Cream Cheese Frosting

  • 4 oz cream cheese, softened
  • 1/2 cup powdered sugar 60g
  • pinch of salt
  • 1 Tbsp light corn syrup
  • 1 Tbsp heavy cream
  • 1/2 tsp vanilla extract
  • yellow, green, and purple sprinkles for decorating

Instructions

  1. Combine all the ingredients, except the cinnamon sugar, in the bowl of an electric mixer with a dough hook or in a mixing bowl. Mix on slow speed for 1 minute, then on medium speed for about 8 minutes.

    2. If mixing by hand, stir the ingredients together till they form a ball, and turn onto a floured surface (at this point, I let the dough rest while I quickly wash, dry, and spray the bowl). Knead for 10 to 12 minutes. The dough should be soft, smooth, and a little bit sticky, and should pass the windowpane test: after kneading for 6 to 8 minutes, or when the dough feels supple and stretchy, pinch off a small piece and stretch it slowly apart, gently pulling and rotating it. You are trying to stretch the dough into a thin, translucent membrane or windowpane. If it tears easily before reaching this state, knead for a few more minutes and try the test again. If the dough has not set up within 15 minutes, it may be too wet or too dry, in which case you will have to add more flour or water, as needed.

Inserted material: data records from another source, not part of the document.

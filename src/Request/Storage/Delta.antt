-- ===== src/Request/Storage/Delta.antt =====
-- core/request/sqlite.go: the delta that a save writes.
use codex_link_clawbot.Prelude.{if◌then◌else◌, ◌≡◌, refl, ◌&&◌, not, none, some, [], ◌∷◌, arith}
use codex_link_clawbot.Text.{Text, text_eq_iff}
use codex_link_clawbot.Map.{
  Map, lookup, insert, delete, contains, lookup-insert, lookup-delete, HasDistinctKeys, Agrees,
}
use codex_link_clawbot.Request.Storage.{delete_missing, is_changed, put_changed, write_delta}

module _ {V : Type 0} where
  pub lookup-delete_missing :
      (j : Text) (base next rows : Map V)
      → lookup j (delete_missing base next rows)
        ≡ (if contains j base && not (contains j next) then none else lookup j rows)
  unfolding delete_missing contains lookup
  lookup-delete_missing j [] next rows = refl
  lookup-delete_missing j ((k, v) ∷ base) next rows = ground (
    arith,
    lookup-delete_missing j base next (if contains k next then rows else delete k rows),
    lookup-delete k j rows,
    text_eq_iff k j,
  )

module _ {V : Type 0} (dec : Discrete V) where
  pub lookup-put_changed :
      (j : Text) (base todo rows : Map V)
      → HasDistinctKeys todo
      → lookup j (put_changed dec base todo rows) ≡ (elim (lookup j todo) [
        | none ↦ lookup j rows
        | some v ↦ if is_changed dec (lookup j base) v then some v else lookup j rows
      ])
  unfolding put_changed lookup
  lookup-put_changed j base [] rows d = refl
  lookup-put_changed j base ((k, v) ∷ todo) rows d = ground (
    arith,
    lookup-put_changed j base todo
        (if is_changed dec (lookup k base) v then insert k v rows else rows) d.1,
    lookup-insert k j v rows,
    text_eq_iff k j,
  )

  -- Rows that agree with the baseline agree with the next state after the delta is written.
  pub write_delta-Agrees :
      (base next rows : Map V)
      → HasDistinctKeys next
      → Agrees rows base
      → Agrees (write_delta dec base next rows) next
  unfolding write_delta contains
  write_delta-Agrees base next rows d agree j = ground (
    arith,
    lookup-put_changed j base next (delete_missing base next rows) d,
    lookup-delete_missing j base next rows,
    agree j,
  )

    3. Place the dough in the clean bowl lightly oiled with cooking spray, mist the dough with cooking spray, cover it with plastic wrap, and allow it to rise for 45 minutes. The dough will double in size. Then put it in the refrigerator for 1 hour. It will firm up as it cools. It can stay in the refrigerator longer, if necessary, but I have not tested it past 3 hours.

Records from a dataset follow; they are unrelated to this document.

-- ===== src/Request/Storage/Synced.antt =====
-- core/request/sqlite.go: the rows in SQLite against the index in memory.
use codex_link_clawbot.Prelude.{ok, ◌≡◌, sym, subst, Bool, List, [], ◌∷◌, arith}
use codex_link_clawbot.Map.{Map, insert, HasDistinctKeys, insert-HasDistinctKeys, Agrees}
use codex_link_clawbot.Request.Types.{Task, Index}
use codex_link_clawbot.Request.Storage.{
  Task-discrete, Rejection-discrete, ClearedReceipt-discrete, insert_tasks, insert_owners,
  snapshot_index, write_index, no_extra, save_locked, Snapshot, Tables, Store,
}
use codex_link_clawbot.Request.Storage.Delta.{write_delta-Agrees}

insert_tasks-HasDistinctKeys :
    (ts : List Task) (m : Map Task) → HasDistinctKeys m → HasDistinctKeys (insert_tasks ts m)
unfolding insert_tasks
insert_tasks-HasDistinctKeys [] m d = d
insert_tasks-HasDistinctKeys (t ∷ ts) m d =
    insert_tasks-HasDistinctKeys ts (insert t.id t m) (insert-HasDistinctKeys t.id t m d)

insert_owners-HasDistinctKeys :
    (owners : Map (List Task)) (m : Map Task)
    → HasDistinctKeys m
    → HasDistinctKeys (insert_owners owners m)
unfolding insert_owners
insert_owners-HasDistinctKeys [] m d = d
insert_owners-HasDistinctKeys ((owner, ts) ∷ rest) m d =
    insert_owners-HasDistinctKeys rest (insert_tasks ts m) (insert_tasks-HasDistinctKeys ts m d)

-- The rows are those of the last committed snapshot.
pub record RowsAgree (s : Snapshot) (t : Tables) : Type 0 where
  pub requests : Agrees t.requests s.tasks
  pub rejected : Agrees t.rejected_sources s.rejected
  pub cleared : Agrees t.cleared_sources s.cleared
  pub order : t.next_order ≡ s.next_order

write_index-RowsAgree :
    (base : Snapshot) (i : Index) (t : Tables)
    → HasDistinctKeys i.rejected
    → HasDistinctKeys i.cleared
    → RowsAgree base t
    → RowsAgree (snapshot_index i) (write_index base (snapshot_index i) t)
unfolding write_index snapshot_index
write_index-RowsAgree base i t dr dc agree = record {
  requests =
      write_delta-Agrees Task-discrete base.tasks (insert_owners i.owners []) t.requests
        (insert_owners-HasDistinctKeys i.owners [] tt) agree.requests;
  rejected =
      write_delta-Agrees Rejection-discrete base.rejected i.rejected t.rejected_sources dr
        agree.rejected;
  cleared =
      write_delta-Agrees ClearedReceipt-discrete base.cleared i.cleared t.cleared_sources dc
        agree.cleared;
  order = ground (arith, agree.order);
}

-- A save that commits, with no statement of its caller's, leaves SQLite's request, rejection and
-- cleared rows and the order equal to the index in memory, if they were equal to the last committed
-- baseline: what a delta leaves out was there already.
pub save_locked-RowsAgree :
    (commit : Bool) (s : Store) {s' : Store}
    → HasDistinctKeys s.index.rejected
    → HasDistinctKeys s.index.cleared
    → RowsAgree s.persisted s.tables
    → save_locked commit no_extra s ≡ ok s'
    → RowsAgree (snapshot_index s'.index) s'.tables
unfolding save_locked
save_locked-RowsAgree commit s {s'} dr dc agree h =
    let same : s' ≡ record s {
      persisted = snapshot_index s.index;
      tables = write_index s.persisted (snapshot_index s.index) s.tables;
    } =
      ground arith in
    subst (λ (x : Store). RowsAgree (snapshot_index x.index) x.tables) (sym same)
      (write_index-RowsAgree s.persisted s.index s.tables dr dc agree)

    4. Prepare a 9x13 pan. If baking immediately, generously butter the bottom and lightly butter the sides, and sprinkle the bottom with cinnamon or cinnamon-sugar (1 part cinnamon, 4 parts sugar, stirred together). If freezing for future use, line pan with parchment or parchment-lined foil, butter the bottom lightly, and sprinkle the bottom with cinnamon or cinnamon-sugar. Set aside.

    5. Prepare filling: stir brown sugar, cinnamon, and salt together in a small bowl, and set aside.

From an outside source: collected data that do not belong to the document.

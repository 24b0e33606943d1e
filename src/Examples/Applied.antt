-- ===== src/Examples/Applied.antt =====
-- core/request: the theorems on the store, applied to the examples.
use codex_link_clawbot.Prelude.{ok, err, ◌≤◌, ◌≡◌, refl, true, false, none, some, [], ◌∷◌, arith}
use codex_link_clawbot.Text.{
  text, text_eq, is_empty, len, valid_utf8, is_space, trim_left, trim_right, trim_space,
  contains_rune, contains_any, is_lower, is_digit, is_hex, after_prefix, has_prefix, is_task_id,
  is_safe_id, is_reason, is_sha256, valid_single_line, valid_attachment_name, split_path,
  is_plain_segment, is_clean_below,
}
use codex_link_clawbot.Map.{lookup, insert, delete, contains, HasDistinctKeys}
use codex_link_clawbot.Presentation.{valid_mode, valid_style, mode_eq, style_eq, normalize_style}
use codex_link_clawbot.Request.Types.{
  state_eq, valid_state, terminal, max_result_store_bytes, max_input_store_bytes,
  max_result_reply_bytes, valid_outcome, is_pending, is_delivered, State, failed, cancelled, Task,
  already_cleared, task_not_found, files_failed, StartInput,
}
use codex_link_clawbot.Request.Valid.{
  is_some, bad_owner, bad_content, bad_input_attachment, validate_start_input, bad_identity,
  bad_project, bad_display, bad_state, bad_target, bad_completion, inconsistent, bad_retention,
  bad_retry, bad_attachments, phase_error, validate_task, bad_stored_attachment, scan_attachments,
  validate_request, validate_receipt, bad_artifact, scan_artifacts, bad_url, scan_attempts,
  validate_result,
}
use codex_link_clawbot.Request.Index.{
  session_key, is_active, member, scan_task, scan_tasks, scan_owners, scan_cleared, scan_rejected,
  validate_index, find_task, replace_task, tasks_of, find_task_locked, find_source_in,
  find_by_source_locked, find, find_by_source, active_task,
}
use codex_link_clawbot.Request.Storage.{
  delete_missing, is_changed, put_changed, write_delta, cascade, insert_tasks, insert_owners,
  snapshot_index, write_index, no_extra, save_locked, update_tables, Store,
}
use codex_link_clawbot.Request.Retention.{
  has_payload, all_tasks, payload_bytes_locked, max_result_reservation, result_reservation,
  result_bytes_locked, result_size, input_payload_bytes, ids_where, delete_all, expire_rows,
  is_stale, sweep_receipts, is_history_over, kept_tasks, sweep_owners, cleanup,
}
use codex_link_clawbot.Request.Admission.{
  save_input, trim_input, reject_locked, session_holder, input_session, new_task, admit,
  refuse_busy, start_swept, start,
}
use codex_link_clawbot.Request.Lifecycle.{
  allowed_transition, terminal_stage, settle, may_move, enter, commit_tasks, locate,
  transition_locked, update_task_locked, set_stage, update_stage, set_thread, attach_thread,
  set_usage, attach_usage, set_turn, attach_turn, finish,
}
use codex_link_clawbot.Request.Delivery.{
  save_receipts, read_result, load_result, load_result_of, inspect_result, put_completion,
  complete_execution, load_completion, freeze_artifacts, set_frozen, save_result, frozen_result,
  build_result, freeze_result, begin_delivery,
}
use codex_link_clawbot.Examples.{
  world_at, first_id, second_id, first_input, staging_of, empty_store, first_task, started_store,
  started_ok,
}
use codex_link_clawbot.Examples.Requests.{
  owner, reply, failed_store, failed_task, released_store, result_input, sent_task, sent_result,
  store_of, operation, resent_result, cancelled_lines, starts, ends, attached_task, admitted_store,
  restored_input, restarted, recovered, completed_before, deliveries, sweeps,
}
use codex_link_clawbot.Request.Admission.Session.{holders, start_swept-holders, start_swept-room}
use codex_link_clawbot.Request.Admission.Once.{start-once}
use codex_link_clawbot.Request.Admission.Unique.{validate_index-one_holder}
use codex_link_clawbot.Request.Release.Cleared.{release-closes_source}
use codex_link_clawbot.Request.Lifecycle.Transition.{transition_locked-StateStep, StateStep}
use codex_link_clawbot.Request.Lifecycle.Progress.{transition_locked-total}
use codex_link_clawbot.Request.Delivery.Checkpoint.{complete_execution-Completed, Completed}
use codex_link_clawbot.Request.Delivery.Bounds.{build_result-reserved}
use codex_link_clawbot.Request.Receipts.Repeat.{begin_redelivery-once}
use codex_link_clawbot.Request.Retention.Sweep.{is_within, in_history, cleanup-in_history}
use codex_link_clawbot.Request.Recovery.Ended.{recover_task_complete, has_active, recover-idle}
use codex_link_clawbot.Request.Storage.Synced.{save_locked-RowsAgree, RowsAgree}

failed_is_terminal : terminal failed_task.state ≡ true
unfolding terminal enter
failed_is_terminal = refl

nothing_to_update :
    update_task_locked (world_at 100 true) no_extra owner first_id (set_stage reply) empty_store
    ≡ (empty_store, err task_not_found)
unfolding update_task_locked locate lookup trim_space
nothing_to_update = refl

reply_is_there : is_empty attached_task.thread_id ≡ false
unfolding is_empty
reply_is_there = refl

reply_fits : len reply ≤ max_result_reply_bytes
unfolding len
reply_fits = omega arith

one_owner : HasDistinctKeys restarted.index.owners
unfolding lookup
one_owner = (refl, tt)

running_is_active : is_active completed_before.state ≡ true
unfolding is_active new_task
running_is_active = refl

empty_rows : RowsAgree admitted_store.persisted admitted_store.tables
empty_rows = record {
  requests = λ k. refl;
  rejected = λ k. refl;
  cleared = λ k. refl;
  order = refl;
}

-- The same source with other text, and with a space before it.
abbrev repeated_input : StartInput
repeated_input = record first_input { text = reply; source_message_key = 32 ∷ b'm' ∷ b'1' ∷ [] }

abbrev repeated_at : Store
repeated_at = (cleanup (world_at 400 true) failed_store).0

once_runs :
    (start (world_at 100 true) (staging_of first_id first_input) first_input empty_store
      ≡ (started_store, ok (first_task, false)))
    × (trim_space repeated_input.source_message_key ≡ trim_space first_input.source_message_key)
    × (validate_start_input (world_at 400 true).lib (trim_input repeated_input) ≡ ok tt)
    × HasDistinctKeys failed_store.index.owners
    × (find_by_source failed_store.index first_input.source_message_key ≡ some failed_task)
    × (is_within failed_task.state failed_task.finished_at 400 ≡ true)
    × (cleanup (world_at 400 true) failed_store ≡ (repeated_at, ok tt))
unfolding is_within text text_eq is_empty len valid_utf8 is_space trim_left trim_right trim_space
    contains_rune contains_any is_lower is_digit is_hex after_prefix has_prefix is_task_id
    is_safe_id is_reason is_sha256 valid_single_line valid_attachment_name split_path
    is_plain_segment is_clean_below lookup insert delete contains state_eq valid_state terminal
    valid_outcome is_pending is_delivered is_some bad_owner bad_content bad_input_attachment
    validate_start_input bad_identity bad_project bad_display bad_state bad_target bad_completion
    inconsistent bad_retention bad_retry bad_attachments phase_error validate_task
    bad_stored_attachment scan_attachments validate_request validate_receipt bad_artifact
    scan_artifacts bad_url scan_attempts validate_result session_key is_active member scan_task
    scan_tasks scan_owners scan_cleared scan_rejected validate_index find_task replace_task
    find_task_locked find_source_in find_by_source_locked find find_by_source active_task
    delete_missing is_changed put_changed write_delta cascade insert_tasks insert_owners
    snapshot_index write_index save_locked update_tables has_payload all_tasks payload_bytes_locked
    result_reservation result_bytes_locked result_size input_payload_bytes ids_where delete_all
    expire_rows is_stale sweep_receipts is_history_over kept_tasks sweep_owners cleanup save_input
    trim_input reject_locked session_holder new_task admit refuse_busy start_swept start valid_mode
    valid_style mode_eq style_eq normalize_style allowed_transition terminal_stage settle may_move
    enter commit_tasks locate transition_locked update_task_locked set_stage update_stage set_thread
    attach_thread set_usage attach_usage set_turn attach_turn finish save_receipts read_result
    load_result load_result_of inspect_result put_completion complete_execution load_completion
    freeze_artifacts set_frozen save_result build_result freeze_result begin_delivery
once_runs = (refl, refl, refl, (refl, tt), refl, refl, refl)

start-once_example :
    (find_by_source started_store.index first_input.source_message_key ≡ some first_task)
    × (start (world_at 400 true) (staging_of second_id first_input) repeated_input failed_store
        ≡ (repeated_at, ok (failed_task, true)))
start-once_example =
    start-once (world_at 100 true) (world_at 400 true) (staging_of first_id first_input)
      (staging_of second_id first_input) first_input repeated_input empty_store started_store
      failed_store once_runs.0 once_runs.1 once_runs.2 once_runs.3 once_runs.4 once_runs.5
      once_runs.6

start_swept-holders_example :
    (holders (input_session first_input) empty_store.index ≡ 0)
    × (holders (input_session first_input) started_store.index ≡ 1)
start_swept-holders_example =
    start_swept-holders (world_at 100 true) (staging_of first_id first_input) first_input
      empty_store started_ok

start_swept-room_example :
    (result_bytes_locked 100 started_store.index ≤ max_result_store_bytes)
    × (payload_bytes_locked 100 started_store.index ≤ max_input_store_bytes)
start_swept-room_example =
    start_swept-room (world_at 100 true) (staging_of first_id first_input) first_input empty_store
      started_ok

validate_index-one_holder_example : holders (input_session first_input) started_store.index ≤ 1
validate_index-one_holder_example =
    validate_index-one_holder (input_session first_input) started_store.index starts.1

release-closes_source_example :
    (find_task_locked released_store.index owner first_id ≡ none)
    × (start_swept (world_at 400 true) (staging_of second_id first_input) first_input released_store
        ≡ (released_store, err already_cleared))
unfolding enter new_task
release-closes_source_example =
    release-closes_source (world_at 300 true) (world_at 400 true) (staging_of second_id first_input)
      first_input owner first_id failed_store ends.4 ends.5 refl

transition_locked-StateStep_example :
    (t : Task) × (find started_store.index owner first_id ≡ some t)
    × StateStep t t.state failed_task.state
transition_locked-StateStep_example =
    transition_locked-StateStep (world_at 200 true) no_extra owner first_id failed
      (terminal_stage failed) [] started_store ends.1

transition_locked-total_example :
    (transition_locked
      (world_at 200 true)
      no_extra
      owner
      first_id
      cancelled
      (terminal_stage cancelled)
      []
      started_store).1
    ≡ ok (enter 200 cancelled_lines first_task)
transition_locked-total_example =
    transition_locked-total (world_at 200 true) owner first_id cancelled (terminal_stage cancelled)
      [] started_store (first_task ∷ []) first_task cancelled_lines refl starts.1 starts.2 starts.3
      starts.4 (record { stage_line = starts.5; reason_code = starts.6 })

complete_execution-Completed_example :
    Completed 150 owner first_id
      (complete_execution (world_at 150 false) owner first_id reply started_store).0
unfolding new_task
complete_execution-Completed_example =
    complete_execution-Completed (world_at 150 false) owner first_id reply started_store first_task
      deliveries.1 deliveries.2 deliveries.0 refl reply_fits

begin_redelivery-once_example :
    (store_of sent_task resent_result ≡ store_of sent_task resent_result) × (true ≡ true)
begin_redelivery-once_example =
    begin_redelivery-once (world_at 190 true) (world_at 195 true) owner first_id operation
      (store_of sent_task sent_result) refl deliveries.5 deliveries.6

cleanup-in_history_example :
    tasks_of owner (cleanup (world_at 9000000 true) restarted).0.index
    ≡ in_history 9000000 (tasks_of owner restarted.index)
cleanup-in_history_example =
    cleanup-in_history (world_at 9000000 true) restarted owner one_owner sweeps.1

recover-idle_example : has_active (tasks_of owner recovered.index) ≡ false
recover-idle_example = recover-idle (world_at 400 true) restarted owner one_owner sweeps.2

recover_task_complete_example : State.succeeded ≡ State.succeeded
recover_task_complete_example =
    recover_task_complete (world_at 400 true) (restored_input empty_store).tables completed_before
      running_is_active (omega arith) sweeps.3

save_locked-RowsAgree_example : RowsAgree (snapshot_index admitted_store.index) (
    write_index admitted_store.persisted
      (snapshot_index admitted_store.index)
      admitted_store.tables)
save_locked-RowsAgree_example = save_locked-RowsAgree true admitted_store tt tt empty_rows sweeps.0

built :
    build_result
      (world_at 160 true)
      (λ path. err files_failed)
      first_task
      result_input
      started_store
    ≡ ok (frozen_result 160 first_task result_input [])
unfolding text text_eq is_empty len valid_utf8 is_space trim_left trim_right trim_space
    contains_rune contains_any is_lower is_digit is_hex after_prefix has_prefix is_task_id
    is_safe_id is_reason is_sha256 valid_single_line valid_attachment_name split_path
    is_plain_segment is_clean_below lookup insert delete contains state_eq valid_state terminal
    valid_outcome is_pending is_delivered is_some bad_owner bad_content bad_input_attachment
    validate_start_input bad_identity bad_project bad_display bad_state bad_target bad_completion
    inconsistent bad_retention bad_retry bad_attachments phase_error validate_task
    bad_stored_attachment scan_attachments validate_request validate_receipt bad_artifact
    scan_artifacts bad_url scan_attempts validate_result session_key is_active member scan_task
    scan_tasks scan_owners scan_cleared scan_rejected validate_index find_task replace_task
    find_task_locked find_source_in find_by_source_locked find find_by_source active_task
    delete_missing is_changed put_changed write_delta cascade insert_tasks insert_owners
    snapshot_index write_index save_locked update_tables has_payload all_tasks payload_bytes_locked
    result_reservation result_bytes_locked result_size input_payload_bytes ids_where delete_all
    expire_rows is_stale sweep_receipts is_history_over kept_tasks sweep_owners cleanup save_input
    trim_input reject_locked session_holder new_task admit refuse_busy start_swept start valid_mode
    valid_style mode_eq style_eq normalize_style allowed_transition terminal_stage settle may_move
    enter commit_tasks locate transition_locked update_task_locked set_stage update_stage set_thread
    attach_thread set_usage attach_usage set_turn attach_turn finish save_receipts read_result
    load_result load_result_of inspect_result put_completion complete_execution load_completion
    freeze_artifacts set_frozen save_result build_result freeze_result begin_delivery
built = refl

build_result-reserved_example :
    result_size (frozen_result 160 first_task result_input []) ≤ max_result_reservation
build_result-reserved_example =
    build_result-reserved (world_at 160 true) (λ path. err files_failed) first_task result_input
      started_store built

    6. Separate chilled dough into three equal pieces, cover and let rest for 15 minutes. Lightly dust the work surface with flour and roll out one ball of dough into a rectangle about ¼” thick, 12” along one side and about 10” on the other. Use the back of a spoon to gently spread the dough with a ½ Tbsp very soft butter. Evenly sprinkle the butter with 1/3rd of the filling.

    7. Slice dough into eight equal strips. Working with two strips at a time, stack one on top of the other so you have four sets of two stacked strips. Take two of the sets, pinch the top ends together, and braid them together. Each stack is treated like a single unit, so really you're just criss-crossing the two stacks back and forth over one another. Curl the criss-crossed dough into a circle, pinching the ends together to close the circle, and place in the greased baking pan. Repeat this process with the other two balls of dough until you have six round braided rolls in the pan.

    8. Mist the rolls with cooking spray, and cover loosely with plastic wrap. Set the pan aside to rise at room temperature for about 45 minutes. Position the baking rack in the center of the oven. Preheat the oven to 350 degrees.

    If you need to hold the rolls longer than 45 minutes before baking, pop them in the fridge after the rise. If freezing for future use, cover tightly with plastic wrap, then wrap securely with aluminum foil (pan and all), and use a Sharpie to write gently on the foil to label it: “Thaw in fridge overnight, then let rise 1 hour on counter. Bake at 350 degrees about 55 minutes.”

    9. Remove the plastic wrap and bake the swirls at 350 degrees for about 15 minutes.

    10. Prepare the icing/glaze: Beat the cream cheese until it is perfectly smooth. Beat in the powdered sugar and salt until completely mixed. Beat in the corn syrup, cream, vanilla extract, and almond extract, if using, until the icing is smooth.

    11. When the spiral rolls have baked 15 minutes and look just barely golden brown, gently break a center swirl open to check that the middle is done (not still doughy-looking). Do not overbake. Drizzle and spread the glaze over the finished rolls. Top with yellow, green, and purple sprinkles. Add a gold jelly bean or little plastic baby, pushed into the underside of one of the rolls.